Gadget

Belum Sempat Membaik, Krisis Chip Malah Makin Parah

  • 25 June 2021
  • Bagikan :

    Ilustrasi. (Foto: Unsplash)

    Uzone.id - Salah satu masalah terbesar yang melanda sektor teknologi saat ini disebabkan oleh komponen terkecil, yaitu chip.

    Semenjak beberapa bulan lalu, krisis chip semakin menunjukkan dampak nyata, bahkan menyebabkan kelangkaan perangkat, seperti yang terjadi pada Xbox Series X atau PS5.

    Perusahaan di sektor transportasi seperti mobil kena dampak paling buruk, peralatan rumah pun mulai memiliki masalah pada pasokan mereka.

    Para perusahaan awalnya memperkirakan rantai pasokan dan produk akan kembali konsisten pada musim panas. Tapi menjelang berakhirnya bulan Juni, krisis ini belum terlihat tanda-tanda akan berakhir.

    Apalagi dengan dirilisnya perangkat-perangkat baru menjelang musim belanja, krisis chip ini diramalkan semakin memburuk bahkan sebelum sempat membaik.

    “Enam atau tujuh bulan lalu, kami pikir masalah ini akan terjadi dalam jangka waktu pendek,” kata Jahmy Hindman, Chief Technology Officer di John Deere dikutip dari The Verge, Kamis (24/06).

    “Tapi, saya pikir ini akan terus berlangsung selama 12 hingga 18 bulan ke depan,” tambahnya.

    Baca juga: Samsung Tunda Rilis Galaxy S21 FE karena Krisis Chip

    CEO Intel Pat Gelsinger berpendapat bahwa butuh dua tahun agar produksi kembali meningkat. “Ini akan memakan waktu cukup lama sampai bisa menempatkan lebih banyak lagi kapasitas di dasarnya,” ungkapnya.

    Skala prioritas pun diberlakukan untuk mengakali agar pasokan terus berlanjut. Akibat krisis ini, perusahaan-perusahaan chip dipaksa untuk memprioritaskan chip kelas atas daripada suku cadang bertenaga rendah.

    Beberapa produk mengalami permintaan tinggi yang berdampak pada chip kelas atas seperti GPU di PlayStation 5 atau kartu grafis RTX 3080, dan tentu kekurangan chip ini berperan sangat penting pada ketersediaan perangkat.

    Contohnya saja PS5 yang saat ini sulit didapat karena permintaan tinggi, sedangkan pasokan tak dapat memenuhi permintaan tersebut.

    Bloomberg mencatat bahwa produsen mobil mulai melewatkan penawaran fitur premium demi memperluas pasokan chip mereka.

    Nvidia juga mengubah GPU lama menjadi mining board mata uang kripto demi lebih banyak pasokan bagi para gamer.

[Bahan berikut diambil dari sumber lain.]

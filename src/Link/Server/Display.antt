-- ===== src/Link/Server/Display.antt =====
-- link/server.go: clipDisplay, which bounds the texts that a device supplies about itself.
use rook_host.Base.{
  ℕ, zero, suc, ◌≡◌, refl, true, false, [], length, take, get_or, leb, if◌then◌else◌, Bool-cases,
  inl, inr,
}
use rook_host.Base.Bytes.{Bytes}
use rook_host.Projection.Text.{is_continuation, clip, boundary}

-- The loop: from i down to 1, to a byte that starts an encoding.
unfoldable pub clip_from : Bytes → ℕ → Bytes
clip_from s zero = []
clip_from s (suc i) = elim (is_continuation (get_or s (suc i) 0)) [
  | false ↦ take (suc i) s
  | true ↦ clip_from s i
]

-- clipDisplay
unfoldable pub clip_display : Bytes → Bytes
unfolding clip_from
clip_display s = if leb (length s) 200 then s else clip_from s 200

clip_from-boundary : (s : Bytes) (n : ℕ) → clip_from s n ≡ take (boundary s n) s
unfolding clip_from boundary
clip_from-boundary s zero = refl
clip_from-boundary s (suc n) = elim (Bool-cases (is_continuation (get_or s (suc n) 0))) [
  | inl more ↦ rw (more, clip_from, boundary) (clip_from-boundary s n)
  | inr done ↦ rw (done, clip_from, boundary)
]

-- The server's cut of display texts is the projection's cut at 200 bytes.
pub clip_display-clip : (s : Bytes) → clip_display s ≡ clip s 200
unfolding clip_display clip
clip_display-clip s = rw (clip_from-boundary s 200)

Apple bahkan kesulitan mendapatkan chip lama karena persaingan yang ketat.

    Baca juga: Riset Bain & Company: Kelangkaan Chip Bisa Sampai 2022

    Yang makin memperburuk krisis ini adalah kurangnya jumlah perusahaan yang membuat chip, terlebih chip komputer yang ada di setiap produk di berbagai industri.

    Menurut laporan Wall Street Journal, TSMC menyumbang 92 persen pasokan chip mutakhir, dan sisanya disediakan oleh perusahaan teknologi asal Korea Selatan, Samsung.

    Perusahaan ini juga dilaporkan membuat sekitar 60 persen chip bagi produsen di seluruh dunia.

    Tapi krisis chip sepertinya takkan terlalu berdampak bagi perangkat andalan dari Apple maupun Samsung, setidaknya tidak terlalu kentara pengaruhnya. Hal ini disebabkan karena TSMC telah memprioritaskan pesanan chip dari Apple bersamaan dengan para produsen mobil.

    TSMC, Intel, dan Samsung berinvestasi besar-besaran untuk memperluas pabrik baru. Pemerintah Amerika Serikat (AS) juga ikut memberikan bantuan untuk menggenjot produksi semikonduktor AS. CEO Intel mengatakan bahwa perlu berbulan-bulan agar investasi tersebut matang.

    Krisis ini mungkin akan lebih buruk lagi terlebih musim liburan yang semakin dekat, begitupun gelombang produk baru akan semakin memperketat perebutan chip. Dengan demikian, akan banyak perilisan produk-produk yang ditunda, harga yang naik, dan krisis suku cadang pun akan datang.